What is expected: Give every line of the listing word for word, beginning at the first and including the line with "abbrev pub IsSettled : ℕ → Proposal → Type 0" as the last.

Supplied entries:
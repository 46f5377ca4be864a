-- ===== src/Multisig/Soundness.antt =====
-- What every history of the multisig of multisig.rs keeps.
use grainlify_stellar_contra.Base.{
  ℕ, ◌≡◌, ◌≤◌, ◌<◌, refl, true, false, some, none, arith, inl, inr, Option-cases, Bool-cases,
  contains, length, insert, ◌==◌, IsDistinct, push_back-IsDistinct, contains-push_back,
}
use grainlify_stellar_contra.Base.Host.{Address}
use grainlify_stellar_contra.Multisig.State.{State, MultiSigConfig, Proposal}
use grainlify_stellar_contra.Multisig.Operations.{approved_by}
use grainlify_stellar_contra.Multisig.Viability.{
  IsViable, init-IsViable, remove_signer-IsViable, add_signer-IsViable, rotate_signers-IsViable,
}
use grainlify_stellar_contra.Multisig.Effects.{
  SameProposals, init-ok, propose-ok, approve-ok, execute-ok, remove_signer-SameProposals,
  add_signer-SameProposals, rotate_signers-SameProposals, remove_signer-configured,
  add_signer-configured,
}
use grainlify_stellar_contra.Multisig.Steps.{
  Step, Steps, initialise, proposes, approves, executes, removes, adds, rotates, stay, next,
}

-- The approvals are those of distinct signers of the proposal.
pub record IsBacked (p : Proposal) : Type 0 where
  pub distinct : IsDistinct p.approvals
  pub signers : (a : Address) → contains p.approvals a ≡ true → contains p.signers a ≡ true

-- An executed proposal was approved often enough, under a nonce below `limit`.
abbrev pub IsSettled : ℕ → Proposal → Type 0
IsSettled limit p =
    p.executed ≡ true
    → (p.threshold ≤ length p.approvals) × ((n : ℕ) × (p.executed_nonce ≡ some n) × (n < limit))

pub record IsSound (s : State) : Type 0 where
  pub viable : (c : MultiSigConfig) → s.config ≡ some c → IsViable c
  pub unset : s.config ≡ none → (id : ℕ) → s.proposals id ≡ none
  pub counted : (id : ℕ) (p : Proposal) → s.proposals id ≡ some p → id ≤ s.proposal_counter
  pub backed : (id : ℕ) (p : Proposal) → s.proposals id ≡ some p → IsBacked p
  pub settled : (id : ℕ) (p : Proposal) → s.proposals id ≡ some p → IsSettled s.execution_nonce p

-- A change of the signers alone keeps the storage sound.
rotated-IsSound :
    (s s' : State) {c c' : MultiSigConfig}
    → IsSound s
    → SameProposals s s'
    → s.config ≡ some c
    → s'.config ≡ some c'
    → IsViable c'
    → IsSound s'
rotated-IsSound s s' {c} {c'} sound same k k' v = record {
  viable = λ d j. let one : c' ≡ d = cc in rw (← one) v;
  unset = λ j. absurd (ground arith);
  counted = λ id p f. rw same.same_counter (sound.counted id p (rw same.same_proposals at f));
  backed = λ id p f. sound.backed id p (rw same.same_proposals at f);
  settled = λ id p f. rw same.same_nonce (sound.settled id p (rw same.same_proposals at f));
}

-- So does writing one proposal, if it is backed and settled and the nonce does not fall.
written-IsSound :
    (s s' : State) (id : ℕ) (q : Proposal) {c : MultiSigConfig}
    → IsSound s
    → s.config ≡ some c
    → s'.config ≡ s.config
    → s'.proposals ≡ insert id q s.proposals
    → s.proposal_counter ≤ s'.proposal_counter
    → id ≤ s'.proposal_counter
    → s.execution_nonce ≤ s'.execution_nonce
    → IsBacked q
    → IsSettled s'.execution_nonce q
    → IsSound s'
written-IsSound s s' id q sound k same w above bound later b t = record {
  viable = λ d j. sound.viable d (rw same at j);
  unset = λ j. absurd (ground arith);
  counted = λ i p f. elim (Bool-cases (i == id)) [
    | inl here ↦ ground arith
    | inr other ↦ ground (arith, sound.counted i p (ground arith))
  ];
  backed = λ i p f. elim (Bool-cases (i == id)) [
    | inl here ↦ let one : q ≡ p = ground arith in rw (← one) b
    | inr other ↦ sound.backed i p (ground arith)
  ];
  settled = λ i p f ex. elim (Bool-cases (i == id)) [
    | inl here ↦
        let one : q ≡ p = ground arith in
        let moved : IsSettled s'.execution_nonce p = rw (← one) t in moved ex
    | inr other ↦
        let (enough, (n, used, low)) = sound.settled i p (ground arith) ex in
        (enough, (n, used, omega arith))
  ];
}

approved_by-IsBacked :
    (p : Proposal) (a : Address)
    → contains p.signers a ≡ true
    → contains p.approvals a ≡ false
    → IsBacked p
    → IsBacked (approved_by p a)
approved_by-IsBacked p a member fresh b = record {
  distinct = push_back-IsDistinct p.approvals a b.distinct fresh;
  signers = λ x h. ground (arith, contains-push_back p.approvals x a, b.signers x);
}

pub Step-IsSound : (s s' : State) → Step s s' → IsSound s → IsSound s'
Step-IsSound s s' (initialise e as_ n h) sound =
    let (c, k, v) = init-IsViable e s s' as_ n h in
    let (unset, same, _, _) = init-ok e s s' as_ n h in
    let nothing = sound.unset unset in
    record {
      viable = λ d j. let one : c ≡ d = cc in rw (← one) v;
      unset = λ j. absurd (ground arith);
      counted = λ id p f. absurd (ground (arith, nothing id));
      backed = λ id p f. absurd (ground (arith, nothing id));
      settled = λ id p f. absurd (ground (arith, nothing id));
    }
Step-IsSound s s' (proposes e a act id h) sound =
    let (c, k, next_, count, w, same, same_nonce) = propose-ok e s s' a act h in
    written-IsSound s s' id _ sound k same w (omega arith) (omega arith) (omega arith)
      (record { distinct = tt; signers = λ x h. absurd (ground arith) })
      (λ ex. absurd (ground arith))
Step-IsSound s s' (approves e id a h) sound =
    let (p, f, _, member, open_, fresh, w, same, count, same_nonce) = approve-ok e s s' id a h in
    elim (Option-cases s.config) [
      | inl missing ↦ absurd (ground (arith, sound.unset missing id))
      | inr (c, k) ↦
          written-IsSound s s' id _ sound k same w (omega arith)
            (omega (arith, sound.counted id p f)) (omega arith)
            (approved_by-IsBacked p a member fresh (sound.backed id p f))
            (λ ex. absurd (ground arith))
    ]
Step-IsSound s s' (executes e id act n run keeps h) sound =
    let (p, f, fresh, enough, now, next_, w, same, count) =
      execute-ok e s s' id act n run keeps h in
    let b = sound.backed id p f in
    elim (Option-cases s.config) [
      | inl missing ↦ absurd (ground (arith, sound.unset missing id))
      | inr (c, k) ↦
          written-IsSound s s' id _ sound k same w (omega arith)
            (omega (arith, sound.counted id p f)) (omega arith)
            (record { distinct = b.distinct; signers = b.signers })
            (λ ex. (enough, (n, refl, omega arith)))
    ]
Step-IsSound s s' (removes e a b h) sound =
    let (c, k) = remove_signer-configured e s s' a b h in
    let (c', k', v, _, _) = remove_signer-IsViable e s s' a b k (sound.viable c k) h in
    rotated-IsSound s s' sound (remove_signer-SameProposals e s s' a b h) k k' v
Step-IsSound s s' (adds e a b h) sound =
    let (c, k) = add_signer-configured e s s' a b h in
    let (c', k', v, _, _) = add_signer-IsViable e s s' a b k (sound.viable c k) h in
    rotated-IsSound s s' sound (add_signer-SameProposals e s s' a b h) k k' v
Step-IsSound s s' (rotates e a add remove n h) sound =
    let (same, (c, k)) = rotate_signers-SameProposals e s s' a add remove n h in
    let (c', k', v) = rotate_signers-IsViable e s s' a add remove n k (sound.viable c k) h in
    rotated-IsSound s s' sound same k k' v

-- The storage before anything was set up.
abbrev pub IsEmpty : State → Type 0
IsEmpty s = (s.config ≡ none) × ((id : ℕ) → s.proposals id ≡ none)

pub Steps-IsSound : {s s' : State} → IsEmpty s → Steps s s' → IsSound s'
Steps-IsSound {s} (unset, nothing) stay = record {
  viable = λ c k. absurd cc;
  unset = λ _. nothing;
  counted = λ id p f. absurd (ground (arith, nothing id));
  backed = λ id p f. absurd (ground (arith, nothing id));
  settled = λ id p f. absurd (ground (arith, nothing id));
}
Steps-IsSound start (next {t} {u} path step) = Step-IsSound t u step (Steps-IsSound start path)

-- In every history that starts with nothing set up, the signers of the configuration are distinct,
-- and the threshold is positive and no more than their number.
pub Steps-IsViable :
    (s s' : State) {c : MultiSigConfig} → IsEmpty s → Steps s s' → s'.config ≡ some c → IsViable c
Steps-IsViable s s' {c} start path k = (Steps-IsSound start path).viable c k

-- In every history that starts with nothing set up, an executed proposal has the approvals of
-- distinct signers of it, at least as many as its threshold, and used a nonce that is no longer
-- accepted.
pub executed-IsBacked :
    (s s' : State) (id : ℕ) {p : Proposal}
    → IsEmpty s
    → Steps s s'
    → s'.proposals id ≡ some p
    → p.executed ≡ true
    → IsBacked p
      × (p.threshold ≤ length p.approvals)
      × ((n : ℕ) × (p.executed_nonce ≡ some n) × (n < s'.execution_nonce))
executed-IsBacked s s' id {p} start path f ex =
    let sound = Steps-IsSound start path in
    let (enough, used) = sound.settled id p f ex in (sound.backed id p f, enough, used)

Exercise output:
repository 46f5377ca4be864a
-- ===== src/Multisig/Soundness.antt =====
-- What every history of the multisig of multisig.rs keeps.
use grainlify_stellar_contra.Base.{
  ℕ, ◌≡◌, ◌≤◌, ◌<◌, refl, true, false, some, none, arith, inl, inr, Option-cases, Bool-cases,
  contains, length, insert, ◌==◌, IsDistinct, push_back-IsDistinct, contains-push_back,
}
use grainlify_stellar_contra.Base.Host.{Address}
use grainlify_stellar_contra.Multisig.State.{State, MultiSigConfig, Proposal}
use grainlify_stellar_contra.Multisig.Operations.{approved_by}
use grainlify_stellar_contra.Multisig.Viability.{
  IsViable, init-IsViable, remove_signer-IsViable, add_signer-IsViable, rotate_signers-IsViable,
}
use grainlify_stellar_contra.Multisig.Effects.{
  SameProposals, init-ok, propose-ok, approve-ok, execute-ok, remove_signer-SameProposals,
  add_signer-SameProposals, rotate_signers-SameProposals, remove_signer-configured,
  add_signer-configured,
}
use grainlify_stellar_contra.Multisig.Steps.{
  Step, Steps, initialise, proposes, approves, executes, removes, adds, rotates, stay, next,
}

-- The approvals are those of distinct signers of the proposal.
pub record IsBacked (p : Proposal) : Type 0 where
  pub distinct : IsDistinct p.approvals
  pub signers : (a : Address) → contains p.approvals a ≡ true → contains p.signers a ≡ true

-- An executed proposal was approved often enough, under a nonce below `limit`.
abbrev pub IsSettled : ℕ → Proposal → Type 0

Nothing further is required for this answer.